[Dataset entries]
——————

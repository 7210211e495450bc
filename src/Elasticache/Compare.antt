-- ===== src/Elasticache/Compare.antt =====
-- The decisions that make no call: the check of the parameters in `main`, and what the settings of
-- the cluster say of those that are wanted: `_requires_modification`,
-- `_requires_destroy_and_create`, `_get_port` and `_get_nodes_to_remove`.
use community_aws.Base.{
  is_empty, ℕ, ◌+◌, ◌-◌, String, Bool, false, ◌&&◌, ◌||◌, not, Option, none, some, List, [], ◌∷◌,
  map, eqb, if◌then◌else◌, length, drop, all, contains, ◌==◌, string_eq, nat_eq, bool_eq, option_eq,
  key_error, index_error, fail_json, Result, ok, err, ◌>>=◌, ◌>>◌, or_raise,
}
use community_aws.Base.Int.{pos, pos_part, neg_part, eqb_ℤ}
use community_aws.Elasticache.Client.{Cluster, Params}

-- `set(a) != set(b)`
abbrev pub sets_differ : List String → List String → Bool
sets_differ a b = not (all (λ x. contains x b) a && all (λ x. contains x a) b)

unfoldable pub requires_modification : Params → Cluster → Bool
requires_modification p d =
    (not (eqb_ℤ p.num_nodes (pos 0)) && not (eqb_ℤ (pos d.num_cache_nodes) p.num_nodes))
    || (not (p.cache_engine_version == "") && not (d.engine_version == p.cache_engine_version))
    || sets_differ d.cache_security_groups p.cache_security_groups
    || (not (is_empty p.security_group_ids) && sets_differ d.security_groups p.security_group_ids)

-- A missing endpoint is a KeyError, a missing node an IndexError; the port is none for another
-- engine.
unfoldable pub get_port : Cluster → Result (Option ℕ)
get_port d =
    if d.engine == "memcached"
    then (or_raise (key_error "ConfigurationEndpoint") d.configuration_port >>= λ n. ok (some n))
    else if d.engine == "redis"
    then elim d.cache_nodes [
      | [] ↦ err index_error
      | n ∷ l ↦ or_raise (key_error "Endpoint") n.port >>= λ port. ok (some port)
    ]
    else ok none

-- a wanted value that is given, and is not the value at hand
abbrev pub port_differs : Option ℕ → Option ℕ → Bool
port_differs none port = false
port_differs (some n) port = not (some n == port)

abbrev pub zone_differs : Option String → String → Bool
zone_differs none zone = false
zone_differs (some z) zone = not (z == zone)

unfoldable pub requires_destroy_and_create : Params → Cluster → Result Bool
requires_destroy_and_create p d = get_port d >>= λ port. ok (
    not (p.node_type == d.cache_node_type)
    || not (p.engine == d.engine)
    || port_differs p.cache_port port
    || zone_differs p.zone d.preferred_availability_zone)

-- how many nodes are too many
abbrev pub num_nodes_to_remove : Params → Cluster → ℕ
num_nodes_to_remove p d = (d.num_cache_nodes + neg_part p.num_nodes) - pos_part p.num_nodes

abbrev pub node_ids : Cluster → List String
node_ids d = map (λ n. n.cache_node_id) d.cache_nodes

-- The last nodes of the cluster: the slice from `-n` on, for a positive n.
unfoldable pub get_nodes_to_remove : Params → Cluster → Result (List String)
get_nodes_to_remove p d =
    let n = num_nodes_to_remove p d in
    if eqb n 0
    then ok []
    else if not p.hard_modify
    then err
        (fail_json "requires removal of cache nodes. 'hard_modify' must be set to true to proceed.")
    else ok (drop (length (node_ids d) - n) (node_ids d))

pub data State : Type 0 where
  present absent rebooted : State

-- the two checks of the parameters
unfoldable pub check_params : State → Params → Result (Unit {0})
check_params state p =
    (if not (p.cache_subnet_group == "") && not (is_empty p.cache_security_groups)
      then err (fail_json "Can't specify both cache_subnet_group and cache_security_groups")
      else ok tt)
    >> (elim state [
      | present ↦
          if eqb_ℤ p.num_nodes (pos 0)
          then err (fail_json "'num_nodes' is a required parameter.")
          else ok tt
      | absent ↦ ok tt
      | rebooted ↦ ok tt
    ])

——————

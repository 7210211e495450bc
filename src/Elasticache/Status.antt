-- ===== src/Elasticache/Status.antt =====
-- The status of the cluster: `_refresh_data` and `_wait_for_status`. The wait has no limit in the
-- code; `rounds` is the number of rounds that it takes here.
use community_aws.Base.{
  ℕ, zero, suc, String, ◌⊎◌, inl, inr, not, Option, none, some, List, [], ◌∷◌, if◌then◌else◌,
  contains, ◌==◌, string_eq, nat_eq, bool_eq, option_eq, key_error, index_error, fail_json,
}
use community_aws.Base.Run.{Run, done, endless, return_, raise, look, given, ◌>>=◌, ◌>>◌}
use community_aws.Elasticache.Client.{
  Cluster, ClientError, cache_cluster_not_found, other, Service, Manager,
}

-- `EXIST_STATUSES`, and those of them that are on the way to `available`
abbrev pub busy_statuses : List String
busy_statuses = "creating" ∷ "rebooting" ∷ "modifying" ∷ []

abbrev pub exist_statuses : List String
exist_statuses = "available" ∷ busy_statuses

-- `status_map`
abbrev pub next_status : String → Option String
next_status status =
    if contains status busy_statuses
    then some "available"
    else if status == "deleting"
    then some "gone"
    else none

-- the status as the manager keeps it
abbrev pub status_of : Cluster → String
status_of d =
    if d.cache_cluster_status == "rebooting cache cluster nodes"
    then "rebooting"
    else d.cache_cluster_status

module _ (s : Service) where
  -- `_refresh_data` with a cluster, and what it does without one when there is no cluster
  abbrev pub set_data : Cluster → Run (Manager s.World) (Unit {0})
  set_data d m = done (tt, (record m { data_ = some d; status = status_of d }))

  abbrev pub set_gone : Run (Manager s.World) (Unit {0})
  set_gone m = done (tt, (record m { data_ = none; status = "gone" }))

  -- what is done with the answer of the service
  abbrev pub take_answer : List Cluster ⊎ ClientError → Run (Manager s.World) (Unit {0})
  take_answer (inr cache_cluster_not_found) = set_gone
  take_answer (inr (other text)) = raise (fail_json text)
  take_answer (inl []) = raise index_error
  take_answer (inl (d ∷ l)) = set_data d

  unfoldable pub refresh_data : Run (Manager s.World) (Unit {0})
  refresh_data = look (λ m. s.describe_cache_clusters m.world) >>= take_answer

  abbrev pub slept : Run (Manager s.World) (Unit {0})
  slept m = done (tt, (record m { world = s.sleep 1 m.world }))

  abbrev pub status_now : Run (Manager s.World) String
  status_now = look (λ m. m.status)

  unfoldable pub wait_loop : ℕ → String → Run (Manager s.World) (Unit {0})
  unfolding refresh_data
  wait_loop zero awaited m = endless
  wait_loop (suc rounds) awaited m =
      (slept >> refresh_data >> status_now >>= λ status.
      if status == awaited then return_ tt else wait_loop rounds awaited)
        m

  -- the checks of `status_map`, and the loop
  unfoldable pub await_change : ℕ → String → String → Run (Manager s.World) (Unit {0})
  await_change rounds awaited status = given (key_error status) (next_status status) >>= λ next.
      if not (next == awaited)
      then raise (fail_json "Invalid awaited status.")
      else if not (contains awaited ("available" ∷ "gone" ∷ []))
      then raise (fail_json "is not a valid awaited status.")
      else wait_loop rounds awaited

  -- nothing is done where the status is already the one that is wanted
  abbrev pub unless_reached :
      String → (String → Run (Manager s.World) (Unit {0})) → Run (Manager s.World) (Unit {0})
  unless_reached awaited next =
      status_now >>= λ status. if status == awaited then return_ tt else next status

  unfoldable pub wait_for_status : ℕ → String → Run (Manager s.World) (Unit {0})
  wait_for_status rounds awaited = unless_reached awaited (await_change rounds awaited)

——————

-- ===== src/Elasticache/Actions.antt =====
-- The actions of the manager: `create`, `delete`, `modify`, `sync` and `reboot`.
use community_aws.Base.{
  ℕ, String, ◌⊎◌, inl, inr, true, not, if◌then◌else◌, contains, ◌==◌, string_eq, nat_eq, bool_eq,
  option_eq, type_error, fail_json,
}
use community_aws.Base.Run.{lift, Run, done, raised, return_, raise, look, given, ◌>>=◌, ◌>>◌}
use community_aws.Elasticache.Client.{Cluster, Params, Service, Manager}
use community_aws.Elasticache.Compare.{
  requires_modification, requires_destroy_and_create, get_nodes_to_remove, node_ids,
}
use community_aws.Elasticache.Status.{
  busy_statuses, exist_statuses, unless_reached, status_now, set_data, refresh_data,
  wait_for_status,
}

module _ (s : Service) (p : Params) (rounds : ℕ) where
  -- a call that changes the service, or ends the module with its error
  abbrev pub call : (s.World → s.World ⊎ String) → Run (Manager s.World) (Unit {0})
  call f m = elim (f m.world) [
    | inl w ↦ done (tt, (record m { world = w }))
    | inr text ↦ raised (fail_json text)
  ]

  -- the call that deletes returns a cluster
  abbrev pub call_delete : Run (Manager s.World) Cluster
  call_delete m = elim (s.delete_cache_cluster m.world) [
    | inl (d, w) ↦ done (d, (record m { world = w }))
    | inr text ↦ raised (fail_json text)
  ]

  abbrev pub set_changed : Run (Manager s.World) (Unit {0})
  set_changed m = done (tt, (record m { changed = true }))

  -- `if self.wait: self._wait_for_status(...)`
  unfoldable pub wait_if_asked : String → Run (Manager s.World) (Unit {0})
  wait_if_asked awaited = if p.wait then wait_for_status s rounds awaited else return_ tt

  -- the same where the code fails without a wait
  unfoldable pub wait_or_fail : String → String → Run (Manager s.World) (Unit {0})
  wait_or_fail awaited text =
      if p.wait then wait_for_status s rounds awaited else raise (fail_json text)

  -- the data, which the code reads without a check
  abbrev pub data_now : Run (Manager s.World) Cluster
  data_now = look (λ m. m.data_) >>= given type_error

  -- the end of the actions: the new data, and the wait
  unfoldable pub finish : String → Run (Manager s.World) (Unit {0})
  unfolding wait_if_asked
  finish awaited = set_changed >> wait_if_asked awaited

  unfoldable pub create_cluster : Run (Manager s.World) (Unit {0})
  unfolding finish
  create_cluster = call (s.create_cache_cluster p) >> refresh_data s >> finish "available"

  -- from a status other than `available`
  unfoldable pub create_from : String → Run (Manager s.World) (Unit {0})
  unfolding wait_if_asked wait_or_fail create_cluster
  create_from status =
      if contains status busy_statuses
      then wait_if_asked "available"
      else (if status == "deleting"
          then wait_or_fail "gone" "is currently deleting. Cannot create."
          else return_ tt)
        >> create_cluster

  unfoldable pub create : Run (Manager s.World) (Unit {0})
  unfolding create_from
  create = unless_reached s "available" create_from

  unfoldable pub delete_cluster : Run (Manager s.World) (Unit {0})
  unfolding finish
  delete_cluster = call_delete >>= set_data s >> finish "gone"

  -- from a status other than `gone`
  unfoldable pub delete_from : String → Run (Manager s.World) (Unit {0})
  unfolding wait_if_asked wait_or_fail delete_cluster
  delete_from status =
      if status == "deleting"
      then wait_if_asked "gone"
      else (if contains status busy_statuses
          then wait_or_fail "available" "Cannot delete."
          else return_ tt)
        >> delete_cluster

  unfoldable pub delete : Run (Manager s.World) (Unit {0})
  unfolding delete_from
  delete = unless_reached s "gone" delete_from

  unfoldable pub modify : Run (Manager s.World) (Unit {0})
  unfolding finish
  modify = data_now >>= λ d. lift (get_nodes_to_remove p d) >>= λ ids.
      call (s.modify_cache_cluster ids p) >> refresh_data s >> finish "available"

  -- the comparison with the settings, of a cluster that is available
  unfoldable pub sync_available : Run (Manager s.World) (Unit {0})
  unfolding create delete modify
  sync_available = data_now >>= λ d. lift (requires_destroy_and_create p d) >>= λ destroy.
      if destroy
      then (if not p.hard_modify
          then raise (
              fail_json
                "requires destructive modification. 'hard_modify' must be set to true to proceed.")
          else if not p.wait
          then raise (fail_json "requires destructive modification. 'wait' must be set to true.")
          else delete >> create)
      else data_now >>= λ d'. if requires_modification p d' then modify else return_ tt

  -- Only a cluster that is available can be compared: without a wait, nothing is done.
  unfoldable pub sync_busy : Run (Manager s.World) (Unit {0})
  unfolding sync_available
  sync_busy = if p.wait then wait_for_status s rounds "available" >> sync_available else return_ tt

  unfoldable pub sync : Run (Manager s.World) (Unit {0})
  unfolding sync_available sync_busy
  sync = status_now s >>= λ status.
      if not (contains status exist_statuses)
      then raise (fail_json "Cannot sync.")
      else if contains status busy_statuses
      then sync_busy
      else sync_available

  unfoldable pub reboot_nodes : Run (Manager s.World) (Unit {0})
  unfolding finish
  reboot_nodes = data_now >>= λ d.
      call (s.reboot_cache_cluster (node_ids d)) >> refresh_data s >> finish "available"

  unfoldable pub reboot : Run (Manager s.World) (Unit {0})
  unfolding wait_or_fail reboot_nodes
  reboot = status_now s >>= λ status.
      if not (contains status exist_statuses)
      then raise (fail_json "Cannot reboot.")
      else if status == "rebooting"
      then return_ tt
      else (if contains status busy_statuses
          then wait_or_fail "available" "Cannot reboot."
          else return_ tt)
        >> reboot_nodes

——————

▶ [About this exercise]: Only the lines above starting at the line that holds "abbrev pub next_status" and ending at the line that holds "abbrev pub status_of : Cluster → String" are to be repeated, exactly and in full.

▶ [Written reply]:
abbrev pub next_status : String → Option String
next_status status =
    if contains status busy_statuses
    then some "available"
    else if status == "deleting"
    then some "gone"
    else none

-- the status as the manager keeps it
abbrev pub status_of : Cluster → String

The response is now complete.